My symptoms became so unbearable I felt I didn’t know how to be human anymore; but, in truth, I didn’t know how to be human with toxic devices within me that had failed so horribly.
ULTRASOUND: MAY 22, 2013
‘THIS PATIENT DEMONSTRATES BILATERAL INTRACAPSULAR RUPTURE OF HER RETROGLANDULAR SILICONE IMPLANTS. IN ADDITION, ON THE LEFT, THERE IS A LARGE EXTRACAPSULAR SILICONE RUPTURE, EXTENDING FROM APPROXIMATELY 3 O’CLOCK POSITION TO 7 O’CLOCK POSITION LATERAL AND DEEP TO THE IMPLANT, ALONG THE CHEST WALL.’
Showed I had extra capsular silicone in the exact places I’d shown doctors that I could feel something wrong inside my chest. It was an exact map of what I’d expressed, but had been discounted as somatization.
DISCOVERED AT THE TIME OF EXPLANT:
Multiple silicone filled granulomas (one of which was an open-ended portal)
Silicone migrated deeply into my chest wall, and up to my lungs
My explant surgeon remarked, “It was really, really bad in there, for multiple reasons. Your implants really needed to come out.”
My first thought when I woke up from the anesthesia was that I could take a full breath for the first time in years.
Post-explant I continue to have silicone filled lymph nodes, lesions, and masses. I have new ones popping up constantly. I have confirmed enlarged lymph nodes throughout my chest wall and neck. I’m in pain 24/7. Many symptoms have either fully resolved or lessened in severity since my implants were removed, though the long term consequence of residual silicone presents continued health challenges.
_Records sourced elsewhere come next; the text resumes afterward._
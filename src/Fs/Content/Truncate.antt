-- ===== src/Fs/Content/Truncate.antt =====
-- The loops of `itrunc` of kernel/fs.c that free blocks, on a disk with one block of the free bit map.
pub mod Each
pub mod Whole
use osn.Base.{
  ℕ, zero, suc, ◌+◌, ◌-◌, ◌*◌, ◌/◌, ◌%◌, ◌^◌, ◌≤◌, ◌<◌, ◌≡◌, ◌≢◌, ◌⊎◌, inl, inr, refl, ap, ap₂, sym,
  ◌∙◌, Bool, true, false, not, ◌==◌, ◌&&◌, ◌||◌, ltb, if◌then◌else◌, update, update_self, update_ne,
  arith, dec_lt, Bool-cases, ℕ_discrete, subst, length,
}
use osn.File.{Outcome, done, panicked, ◌>>=◌}
use osn.Log.{LogState, among, logsize}
use osn.Fs.{Disk, Block, Superblock, bpb, bblock, modify}
use osn.Fs.Room.{Room, Modified, RoomFor, modify-RoomFor}
use osn.Fs.Dinode.{Dinode, ndirect, load32}
use osn.Fs.Bitmap.{bfree, unmark}
use osn.Fs.Bitmap.Used.{used, bit_at, used-unmark}
use osn.Fs.Content.{
  truncate, free_addr, free_direct, free_entries, free_indirect, with_addr, nindirect,
}
use osn.Fs.Content.Bmap.{block_of}

-- The set of used blocks loses these blocks, and nothing changes but the map's block.
pub record Lost (sb : Superblock) (extra : ℕ) (gone : ℕ → Bool) (d r : Disk) : Type 0 where
  pub free : (x : ℕ) → used sb r.cache x ≡ (if gone x then false else used sb d.cache x)
  pub others : (y : ℕ) → y ≢ bblock sb 0 → r.cache y ≡ d.cache y
  pub room : RoomFor extra (bblock sb 0) r

-- The two loops of `itrunc`, over the addresses `f`.
pub free_each : Superblock → (ℕ → ℕ) → ℕ → ℕ → Disk → Outcome Disk
free_each sb f i zero d = done d
free_each sb f i (suc n) d = do d' ← free_addr sb (f i) d; free_each sb f (i + 1) n d'

-- The block is one of `n` addresses from `i` on.
pub member : (ℕ → ℕ) → ℕ → ℕ → ℕ → Bool
member f i zero x = false
member f i (suc n) x = member f (i + 1) n x || (not (f i == 0) && x == f i)

-- The disk is smaller than what one block of the map stands for.
module _ {extra : ℕ} (sb : Superblock) (one : sb.size ≤ bpb) where
  pub Lost-trans :
      {f g : ℕ → Bool} {d e r : Disk}
      → Lost sb extra f d e
      → Lost sb extra g e r
      → Lost sb extra (λ x. g x || f x) d r
  Lost-trans {f} {g} {d} {e} {r} a b = record {
    free = λ x.
        b.free x
        ∙ (ap (λ u. if g x then false else u) (a.free x) ∙ or_else (g x) (f x) (used sb d.cache x));
    others = λ y ne. b.others y ne ∙ a.others y ne;
    room = b.room;
  }
    where
      or_else :
          (s t u : Bool)
          → (if s then false else if t then false else u) ≡ (if s || t then false else u)
      or_else true t u = refl
      or_else false t u = refl

  pub bfree-Lost :
      (a : ℕ) (d : Disk)
      → a < sb.size
      → used sb d.cache a ≡ true
      → RoomFor extra (bblock sb 0) d
      → (r : Disk) × (bfree sb a d ≡ done r) × Lost sb extra (λ x. x == a) d r
  unfolding bfree used bit_at
  bfree-Lost a d lt u room =
      let same : bblock sb 0 ≡ bblock sb a = omega arith in
      let bytes = unmark (d.cache (bblock sb a)) (a % bpb) in
      let (r, run, m) =
        modify-RoomFor extra (bblock sb a) bytes d (subst (λ b. RoomFor extra b d) same room) in
      let in_log : among (bblock sb 0) r.lh ≡ true =
        ap (λ b. among b r.lh) same ∙ (m.logged (bblock sb a) ∙ ground arith) in
      (
        r,
        rw u run,
        record {
          free = λ x. ap (λ c. used sb c x) m.cached ∙ used-unmark sb d.cache a x;
          others = λ y ne.
              ap (λ c. c y) m.cached
              ∙ update_ne d.cache (bblock sb a) y bytes (λ e. ne (sym e ∙ sym same));
          room = rw in_log m.room;
        },
      )

  free_addr-Lost :
      (a : ℕ) (d : Disk)
      → (a ≢ 0 → (a < sb.size) × (used sb d.cache a ≡ true))
      → RoomFor extra (bblock sb 0) d
      → (r : Disk) × (free_addr sb a d ≡ done r) × Lost sb extra (λ x. not (a == 0) && x == a) d r
  unfolding free_addr
  free_addr-Lost a d owned room = elim (Bool-cases (a == 0)) [
    | inl z ↦ (d, rw z refl, record { free = λ x. rw z refl; others = λ y ne. refl; room = room })
    | inr nz ↦
        let (lt, u) = owned (λ e. ground arith) in
        let (r, run, l) = bfree-Lost a d lt u room in
        (r, rw nz run, record { free = λ x. rw nz (l.free x); others = l.others; room = l.room })
  ]

  pub free_each-Lost :
      (f : ℕ → ℕ) (i n : ℕ) (d : Disk)
      → ((j : ℕ) → i ≤ j → j < i + n → f j ≢ 0 → (f j < sb.size) × (used sb d.cache (f j) ≡ true))
      → ((j k : ℕ) → i ≤ j → j < k → k < i + n → f j ≢ 0 → f j ≢ f k)
      → RoomFor extra (bblock sb 0) d
      → (r : Disk) × (free_each sb f i n d ≡ done r) × Lost sb extra (member f i n) d r
  unfolding free_each member
  free_each-Lost f i zero d owned distinct room =
      (d, refl, record { free = λ x. refl; others = λ y ne. refl; room = room })
  free_each-Lost f i (suc n) d owned distinct room =
      let (e, run1, l1) =
        free_addr-Lost (f i) d (λ nz. owned i (omega arith) (omega arith) nz) room in
      let (r, run2, l2) =
        free_each-Lost f (i + 1) n e
          (λ j ge lt nz.
            let (inside, u) = owned j (omega arith) (omega arith) nz in
            let apart : (not (f i == 0) && f j == f i) ≡ false =
              ground (arith, distinct i j (omega arith) (omega arith) (omega arith)) in
            (inside, l1.free (f j) ∙ rw apart u))
          (λ j k ge lt lt' nz. distinct j k (omega arith) lt (omega arith) nz) l1.room in
      (r, rw run1 run2, Lost-trans l1 l2)
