-- ===== src/Fs/Content/Truncate/Each.antt =====
-- The loops of `itrunc` of kernel/fs.c over an inode's addresses, as loops over a list of addresses.
use osn.Base.{
  ℕ, zero, suc, ◌+◌, ◌*◌, ◌%◌, ◌≤◌, ◌<◌, ◌≡◌, ◌≢◌, inl, inr, refl, ap, sym, ◌∙◌, not, ◌&&◌, ltb,
  if◌then◌else◌, update, update_ne, arith,
}
use osn.File.{done, ◌>>=◌, Outcome-cases}
use osn.Log.{log_write}
use osn.Fs.{Disk, Block, Superblock, bpb, bblock, modify}
use osn.Fs.Dinode.{Dinode, load32}
use osn.Fs.Bitmap.{bfree, unmark}
use osn.Fs.Content.{free_addr, free_direct, free_entries, with_addr}
use osn.Fs.Content.Truncate.{free_each}

module _ (sb : Superblock) (one : sb.size ≤ bpb) where
  free_each-agree :
      (f g : ℕ → ℕ) (i n : ℕ) (d : Disk)
      → ((j : ℕ) → i ≤ j → f j ≡ g j)
      → free_each sb f i n d ≡ free_each sb g i n d
  unfolding free_each
  free_each-agree f g i zero d same = refl
  free_each-agree f g i (suc n) d same =
      rw (same i (omega arith)) (elim (Outcome-cases (free_addr sb (g i) d)) [
        | inl p ↦ rw p refl
        | inr (e, run) ↦ rw run (free_each-agree f g (i + 1) n e (λ j ge. same j (omega arith)))
      ])

  -- The inode with the addresses from `i` on set to 0.
  pub cleared_from : ℕ → ℕ → Dinode → Dinode
  cleared_from i zero ip = ip
  cleared_from i (suc n) ip = cleared_from (i + 1) n (with_addr i 0 ip)

  pub cleared_from-addrs :
      (i n j : ℕ) (ip : Dinode)
      → (cleared_from i n ip).addrs j ≡ (if not (ltb j i) && ltb j (i + n) then 0 else ip.addrs j)
  unfolding cleared_from update
  cleared_from-addrs i zero j ip = ground arith
  cleared_from-addrs i (suc n) j ip =
      cleared_from-addrs (i + 1) n j (with_addr i 0 ip) ∙ ground arith

  -- Nothing else of it changes.
  pub cleared_from-same :
      (i n : ℕ) (ip : Dinode)
      → cleared_from i n ip ≡ record ip { addrs = (cleared_from i n ip).addrs }
  unfolding cleared_from
  cleared_from-same i zero ip = refl
  cleared_from-same i (suc n) ip = cleared_from-same (i + 1) n (with_addr i 0 ip)

  pub free_direct-each :
      (i n : ℕ) (ip : Dinode) (d : Disk)
      → free_direct sb i n ip d
        ≡ (free_each sb ip.addrs i n d >>= (λ r. done (cleared_from i n ip, r)))
  unfolding free_direct free_each cleared_from
  free_direct-each i zero ip d = refl
  free_direct-each i (suc n) ip d = elim (Outcome-cases (free_addr sb (ip.addrs i) d)) [
    | inl p ↦ rw p refl
    | inr (e, run) ↦ rw run (
        free_direct-each (i + 1) n (with_addr i 0 ip) e
        ∙ ap (λ o. o >>= (λ r. done (cleared_from (i + 1) n (with_addr i 0 ip), r)))
            (free_each-agree (update ip.addrs i 0) ip.addrs (i + 1) n e
              (λ j ge. update_ne ip.addrs i j 0 (λ e'. omega arith))))
  ]

  log_write-cache : (b y : ℕ) (d e : Disk) → log_write b d ≡ done e → e.cache y ≡ d.cache y
  unfolding log_write
  log_write-cache b y d e run = ground arith

  modify-cache :
      (b y : ℕ) (bytes : Block) (d e : Disk)
      → modify b bytes d ≡ done e
      → b ≢ y
      → e.cache y ≡ d.cache y
  unfolding modify
  modify-cache b y bytes d e run ne =
      log_write-cache b y (record d { cache = update d.cache b bytes }) e run
      ∙ update_ne d.cache b y bytes ne

  pub free_addr-frame :
      (a y : ℕ) (d e : Disk)
      → a < sb.size
      → y ≢ bblock sb 0
      → free_addr sb a d ≡ done e
      → e.cache y ≡ d.cache y
  unfolding free_addr bfree
  free_addr-frame a y d e lt ne run =
      let same : bblock sb 0 ≡ bblock sb a = omega arith in
      let apart : bblock sb a ≢ y = λ e'. ne (sym e' ∙ sym same) in
      ground
        (arith, modify-cache (bblock sb a) y (unmark (d.cache (bblock sb a)) (a % bpb)) d e, apart)

  pub free_entries-each :
      (at : ℕ) (f : ℕ → ℕ) (i n : ℕ) (d : Disk)
      → at ≢ bblock sb 0
      → ((j : ℕ) → i ≤ j → j < i + n → f j < sb.size)
      → ((j : ℕ) → f j ≡ load32 (d.cache at) (4 * j))
      → free_entries sb at i n d ≡ free_each sb f i n d
  unfolding free_entries free_each
  free_entries-each at f i zero d apart inside same = refl
  free_entries-each at f i (suc n) d apart inside same =
      rw (sym (same i)) (elim (Outcome-cases (free_addr sb (f i) d)) [
        | inl p ↦ rw p refl
        | inr (e, run) ↦ rw run (
            free_entries-each at f (i + 1) n e apart
              (λ j ge lt. inside j (omega arith) (omega arith))
              (λ j.
                same j
                ∙ ap (λ c. load32 c (4 * j))
                    (sym (
                      free_addr-frame (f i) at d e (inside i (omega arith) (omega arith)) apart
                        run))))
      ])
Storyboard photo above: I lost my spirit, my health and my smile after the point where I was hospitalized and misdiagnosed. I went into the hospital one person and came out someone else – completely broken. I had so much hope I was finally going to get help, but instead they left me to die. I used to have so much ‘life’ in me. I feel a shell of my former self, though in moments, 4 years after having my implants removed, I feel like ‘me’ again.
I’m hopeful that I will make continued progress. Time will tell what happens with the migrated silicone and lesions in my left breast. Regardless of what the future might bring I try to enjoy as much in each day as I can.